# Powerball training



## Erik (Jan 23, 2008)

Maybe this gadget/training device I just got can help cubers? It's a powerball, it's a cool thing and it really trains your wrists (like I experience now, ouch! xD) and is good to prevent RSI, carpal tunnel etc. designed for astronauts in the first place I think. After the first day I got a best score of 94xx rpm anyone else have experience with it?


----------



## Dene (Jan 23, 2008)

Hmm, I remember that thing, a guy I know has one. I can't remember how fast I got it, I think quite a bit more than that though  .
This guy is really good.


----------



## alexc (Jan 23, 2008)

What exactly is it? It can prevent carpal tunnel and other wrist injuries? I've actually kind of been worried about hurting my wrists from cubing lately. I don't want to slow down on practicing, but I don't really want to hurt myself either. I've also heard that taping your wrists while cubing can also help prevent injury.


----------



## Dene (Jan 23, 2008)

Well it's a ball with another ball inside, kind of. I can't remember how it works, but basically, you spin your wrist, and the ball inside spins like crazy, and builds up a massive torque. If you watch the video I posted above, you can get an idea of how powerful that little ball is. It will really help the endurance and strength of your wrists.


----------



## Erik (Jan 23, 2008)

yah it's like a spinning wheel in a ball in a wheel and as you know if you change the direction of that you it resits as it wants to remain turning in the same direction, this energy goes to the spinning within the spinning so that if you twist it right (takes practise) it speeds up but takes more and more power to move which trains your arm and wrist


----------



## Harris Chan (Jan 23, 2008)

Let's hope we don't get too strong that we start POPing the cubes from those powerful wrist+arms


----------



## ShadenSmith (Jan 23, 2008)

Dene said:


> Hmm, I remember that thing, a guy I know has one. I can't remember how fast I got it, I think quite a bit more than that though  .
> This guy is really good.




That guy's face made me giggle endlessly.


----------



## Pedro (Jan 23, 2008)

didn't get how it works...

you shake it and it turns fast...then you have to stop it with your other hand

something like that?


----------



## Dene (Jan 24, 2008)

Nope, the energy you put into it with your wrist spinning keeps it spinning, to stop it, you just stop spinning and it will eventually stop itself, the problem is that it shakes like crazy, if you let it go it will probably fly off and break something  .


----------



## Lt-UnReaL (Jan 24, 2008)

He has a faster one: http://www.youtube.com/watch?v=5GNG5JoUIGc


----------



## Stefan (Jan 24, 2008)

Dene said:


> if you let it go it will probably fly off and break something


It'll only fly off in the direction you throw it, though. It doesn't go in any direction by itself. If not held firmly, it simply shakes in-place.


----------



## Unscarred1925 (Jan 24, 2008)

wow! me and my friend have used this before just before a competition last year. guess what, our wrists were stressed out. maybe its a bad idea to use it before a competition specially if its your first to use this.


----------



## Erik (Jan 24, 2008)

It's more as training device than to warm up 2 days before competition


----------



## Henrik (Jan 24, 2008)

I have one and My record is 11865 rpm 
Ive had it since EC 06 and I bought it in Amsterdam airport.
It is great to train with but I dont do it right befor I want to cube because then my fingers feel funny.
It can really get ones arm warm.
Henrik


----------



## Tomarse (Jan 24, 2008)

yeah my mate has one


----------



## DanHarris (Jan 24, 2008)

Hi Erik,

I have been training with a powerball since Christmas. My best so far is 11330 rpm, and i am consistently over 11000. I have already noticed a big improvement in my finger strength and general arm strength since using it, which is definitely helping me to handle the 5x5x5 better!

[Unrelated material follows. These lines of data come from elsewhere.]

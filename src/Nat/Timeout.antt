-- ===== src/Nat/Timeout.antt =====
-- nat_init and nat_timeout of nat.c: the ports of the flows that are left stay assigned.
use computer_network_labs.Base.{
  ◌==◌, Bool-cases, ℕ, zero, suc, ◌≡◌, refl, sym, ap, ◌∙◌, subst, ◌≢◌, inl, inr, Bool, true, false,
  List, [], ◌∷◌, arith,
}
use computer_network_labs.Device.{IfaceInfo}
use computer_network_labs.Nat.Table.{
  set_at, add_rule, add_rules, nat_init, NatMapping, DnatRule, NatTable,
}
use computer_network_labs.Nat.Sweep.{is_dead, sweep_list, sweep_lists}
use computer_network_labs.Nat.Entries.{At, Fresh, Distinct, Fresh-from, Fresh-At}
use computer_network_labs.Nat.Ports.{IsSound}

set_at_other : (p q : ℕ) (b : Bool) (ports : ℕ → Bool) → p ≢ q → set_at p b ports q ≡ ports q
unfolding set_at
set_at_other p q b ports h = ground arith

sweep_list-Fresh :
    (now p : ℕ) (xs : List NatMapping) (ports : ℕ → Bool)
    → Fresh p xs
    → (sweep_list now xs ports).1 p ≡ ports p
unfolding sweep_list
sweep_list-Fresh now p [] ports f = refl
sweep_list-Fresh now p (x ∷ xs) ports f = elim (Bool-cases (is_dead now x)) [
  | inl d ↦ rw d (
      sweep_list-Fresh now p xs (set_at x.external_port false ports) f.1
      ∙ set_at_other x.external_port p false ports f.0)
  | inr d ↦ rw d (sweep_list-Fresh now p xs ports f.1)
]

At-sweep_list :
    (now : ℕ) (f : NatMapping) (xs : List NatMapping) (ports : ℕ → Bool)
    → At f (sweep_list now xs ports).0
    → At f xs
unfolding sweep_list
At-sweep_list now f [] ports a = a
At-sweep_list now f (x ∷ xs) ports a = elim (Bool-cases (is_dead now x)) [
  | inl d ↦ inr (At-sweep_list now f xs (set_at x.external_port false ports) (rw d at a))
  | inr d ↦ elim (rw d at a) [ inl h ↦ inl h | inr b ↦ inr (At-sweep_list now f xs ports b) ]
]

sweep_list-taken :
    (now : ℕ) (f : NatMapping) (xs : List NatMapping) (ports : ℕ → Bool)
    → Distinct xs
    → ((e : NatMapping) → At e xs → ports e.external_port ≡ true)
    → At f (sweep_list now xs ports).0
    → (sweep_list now xs ports).1 f.external_port ≡ true
unfolding sweep_list
sweep_list-taken now f [] ports d t a = elim a [ ]
sweep_list-taken now f (x ∷ xs) ports d t a = elim (Bool-cases (is_dead now x)) [
  | inl dead ↦ rw dead (
      sweep_list-taken now f xs (set_at x.external_port false ports) d.1
        (λ e b.
          set_at_other x.external_port e.external_port false ports
            (λ same. Fresh-At x.external_port e xs d.0 b (sym same))
          ∙ t e (inr b))
        (rw dead at a))
  | inr alive ↦ rw alive (elim (rw alive at a) [
    | inl h ↦
        subst (λ y. (sweep_list now xs ports).1 y.external_port ≡ true) h
          (sweep_list-Fresh now x.external_port xs ports d.0 ∙ t x (inl refl))
    | inr b ↦ sweep_list-taken now f xs ports d.1 (λ e c. t e (inr c)) b
  ])
]

sweep_list-Distinct :
    (now : ℕ) (xs : List NatMapping) (ports : ℕ → Bool)
    → Distinct xs
    → Distinct (sweep_list now xs ports).0
unfolding sweep_list
sweep_list-Distinct now [] ports d = tt
sweep_list-Distinct now (x ∷ xs) ports d = elim (Bool-cases (is_dead now x)) [
  | inl dead ↦ rw dead (sweep_list-Distinct now xs (set_at x.external_port false ports) d.1)
  | inr alive ↦ rw alive (
    Fresh-from x.external_port (sweep_list now xs ports).0
        (λ e a. Fresh-At x.external_port e xs d.0 (At-sweep_list now e xs ports a)),
    sweep_list-Distinct now xs ports d.1,
  )
]

module _ (now i : ℕ) (nat : NatTable) where
  abbrev pub swept : List NatMapping × (ℕ → Bool)
  swept = sweep_list now (nat.nat_mapping_list i) nat.assigned_ports

  abbrev pub after : NatTable
  after = record nat {
    nat_mapping_list = set_at i swept.0 nat.nat_mapping_list;
    assigned_ports = swept.1;
  }

  pub after-here : after.nat_mapping_list i ≡ swept.0
  unfolding set_at
  after-here = ground arith

  pub after-other : (j : ℕ) → (i == j) ≡ false → after.nat_mapping_list j ≡ nat.nat_mapping_list j
  unfolding set_at
  after-other j e = ground (arith, e)

  after-At :
      (j : ℕ) (f : NatMapping) → At f (after.nat_mapping_list j) → At f (nat.nat_mapping_list j)
  unfolding set_at
  after-At j f a = elim (Bool-cases (j == i)) [
    | inr n ↦ rw n at a
    | inl y ↦
        let here : j ≡ i = ground (arith, y) in
        rw here (At-sweep_list now f (nat.nat_mapping_list i) nat.assigned_ports (rw y at a))
  ]

  after-taken :
      (s : IsSound nat) (j : ℕ) (f : NatMapping)
      → At f (after.nat_mapping_list j)
      → swept.1 f.external_port ≡ true
  unfolding set_at
  after-taken s j f a = elim (Bool-cases (j == i)) [
    | inl y ↦
        sweep_list-taken now f (nat.nat_mapping_list i) nat.assigned_ports (s.distinct i)
          (s.taken i) (rw y at a)
    | inr n ↦
        let a' : At f (nat.nat_mapping_list j) = rw n at a in
        sweep_list-Fresh now f.external_port (nat.nat_mapping_list i) nat.assigned_ports (
          Fresh-from f.external_port (nat.nat_mapping_list i)
            (λ e b same. elsewhere (s.apart j i f e a' b (sym same)) n))
        ∙ s.taken j f a'
  ]
    where
      elsewhere : {j : ℕ} → j ≡ i → (j == i) ≡ false → ⊥
      elsewhere e n = ground arith

  after-IsSound : IsSound nat → IsSound after
  unfolding set_at
  after-IsSound s = record {
    address = λ j f a. s.address j f (after-At j f a);
    taken = after-taken s;
    distinct = λ j. elim (Bool-cases (j == i)) [
      | inl y ↦
          rw y (sweep_list-Distinct now (nat.nat_mapping_list i) nat.assigned_ports (s.distinct i))
      | inr n ↦ rw n (s.distinct j)
    ];
    apart = λ j k e f a b same. s.apart j k e f (after-At j e a) (after-At k f b) same;
  }

pub sweep_lists-IsSound :
    (now n i : ℕ) (nat : NatTable) → IsSound nat → IsSound (sweep_lists now n i nat)
unfolding sweep_lists
sweep_lists-IsSound now zero i nat s = s
sweep_lists-IsSound now (suc n) i nat s =
    sweep_lists-IsSound now n (suc i) (after now i nat) (after-IsSound now i nat s)

add_rules-lists :
    (rules : List DnatRule) (nat : NatTable)
    → (add_rules rules nat).nat_mapping_list ≡ nat.nat_mapping_list
unfolding add_rules add_rule
add_rules-lists [] nat = refl
add_rules-lists (rule ∷ rules) nat = add_rules-lists rules (add_rule rule nat)

empty-IsSound : (nat : NatTable) → ((i : ℕ) → nat.nat_mapping_list i ≡ []) → IsSound nat
empty-IsSound nat h = record {
  address = λ i e a. elim (rw (h i) at a) [ ];
  taken = λ i e a. elim (rw (h i) at a) [ ];
  distinct = λ i. rw (h i) tt;
  apart = λ i j e f a b same. elim (rw (h i) at a) [ ];
}

-- The table is sound at first, whatever the rules are.
pub nat_init-IsSound :
    (internal external : IfaceInfo) (rules : List DnatRule)
    → IsSound (nat_init internal external rules)
unfolding nat_init
nat_init-IsSound internal external rules =
    empty-IsSound (nat_init internal external rules) (λ i. ap (λ l. l i) (add_rules-lists rules _))
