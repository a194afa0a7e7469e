-- ===== src/Nat/Expiry.antt =====
-- nat_timeout of nat.c: which mappings a round removes, and the ports that it gives back.
use computer_network_labs.Base.{if◌then◌else◌, ℕ, ◌≡◌, Bool, false, ◌&&◌, List, [], ◌∷◌}
use computer_network_labs.Nat.Table.{NatMapping, NatTable}
use computer_network_labs.Nat.Sweep.{is_dead}

-- The mappings that are neither finished nor too old, in their order.
abbrev pub kept : ℕ → List NatMapping → List NatMapping
kept now [] = []
kept now (e ∷ entries) = if is_dead now e then kept now entries else e ∷ kept now entries

-- The port of each mapping that is finished or too old is free.
abbrev pub AllFreed : ℕ → (ℕ → Bool) → List NatMapping → Type 0
AllFreed now ports [] = Unit {0}
AllFreed now ports (e ∷ entries) =
    ((is_dead now e && ports e.external_port) ≡ false) × AllFreed now ports entries

-- The list `j` after a round is what is kept of it, and the ports of the others are free.
abbrev Expired : ℕ → ℕ → NatTable → NatTable → Type 0
Expired now j nat q =
    (q.nat_mapping_list j ≡ kept now (nat.nat_mapping_list j))
    × AllFreed now q.assigned_ports (nat.nat_mapping_list j)
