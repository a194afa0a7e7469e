-- ===== src/Nat/Fins.antt =====
-- is_flow_finished of nat.c after a packet.
use computer_network_labs.Router.Packet.{IpHeader}
use computer_network_labs.Base.{
  Bool-cases, ℕ, ◌≡◌, refl, ◌≢◌, inl, inr, Bool, false, List, [], ◌∷◌, arith,
}
use computer_network_labs.Nat.Packet.{tcp_fin, TcpHeader}
use computer_network_labs.Nat.Table.{list_index, NatMapping, NatTable}
use computer_network_labs.Nat.Translate.{
  is_external, is_internal, visit, received, sent, new_inbound, new_outbound, inbound, outbound,
}
use computer_network_labs.Nat.Sweep.{is_flow_finished}

visit-change :
    (test : NatMapping → Bool) (change : NatMapping → NatMapping) (new : NatMapping)
    (xs : List NatMapping)
    → (e : NatMapping) × ((visit test change new xs).0 ≡ change e)
unfolding visit
visit-change test change new [] = (new, refl)
visit-change test change new (x ∷ xs) = elim (Bool-cases (test x)) [
  | inl t ↦ (x, rw t refl)
  | inr t ↦ let (e, h) = visit-change test change new xs in (e, rw t h)
]

is_flow_finished-received :
    (now : ℕ) (tcp : TcpHeader) (e : NatMapping)
    → tcp.flags ≢ tcp_fin
    → is_flow_finished (received now tcp e).conn ≡ false
unfolding is_flow_finished received
is_flow_finished-received now tcp e h = ground arith

is_flow_finished-sent :
    (now : ℕ) (tcp : TcpHeader) (e : NatMapping)
    → tcp.flags ≢ tcp_fin
    → is_flow_finished (sent now tcp e).conn ≡ false
unfolding is_flow_finished sent
is_flow_finished-sent now tcp e h = ground arith

-- A flow is not finished after a packet whose flags are other than FIN alone.
pub is_flow_finished_bare :
    (now : ℕ) (ip : IpHeader) (tcp : TcpHeader) (nat : NatTable)
    → tcp.flags ≢ tcp_fin
    → (is_flow_finished (inbound now ip tcp nat).1.conn ≡ false)
      × (is_flow_finished (outbound now ip tcp nat).1.conn ≡ false)
unfolding inbound outbound
is_flow_finished_bare now ip tcp nat h =
    let (e, in_eq) =
      visit-change (is_external ip.daddr tcp.dport) (received now tcp) (new_inbound ip tcp)
        (nat.nat_mapping_list (list_index ip.saddr)) in
    let (e', out_eq) =
      visit-change (is_internal ip.saddr tcp.sport) (sent now tcp) (new_outbound ip tcp nat)
        (nat.nat_mapping_list (list_index ip.daddr)) in
    (
      rw in_eq (is_flow_finished-received now tcp e h),
      rw out_eq (is_flow_finished-sent now tcp e' h),
    )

It is a great training aid, as well as being a lot of fun!

Speak soon,
DanH


----------



## Erik (Jan 24, 2008)

oooh I like that 
today one of the guys in my class got 10008 after a few tries! You still pwn him


----------



## Dene (Jan 24, 2008)

Hmm, I'll have to get the guy I know that has one to bring it down when he comes!


----------



## Dyste (Jan 25, 2008)

Well, I've only known people to use it to improve strength for badminton and tennis. I might give it a try if it'll improve both my badminton and cubing "game".


----------



## TimMc (Feb 14, 2008)

I tiled 14 square meters a few days ago! I had to remove the paving paint with an angle grinder first, then sweep away a lot of dust from the cement, then apply the adhesive, then lay down the tiles, and then apply grout. If you've bothered to do that before then you'd know you've put your wrists through a bit of strain.

But I just received my NSD Power Ball 250Hz Gyroscope in the mail today. And I've managed to attain a rate of 10,024 rpm thus far! ...I thought that was quite impressive after the first 5 minutes of wanking around with no success in getting it to rotate until I read the instructions 

Tim.


----------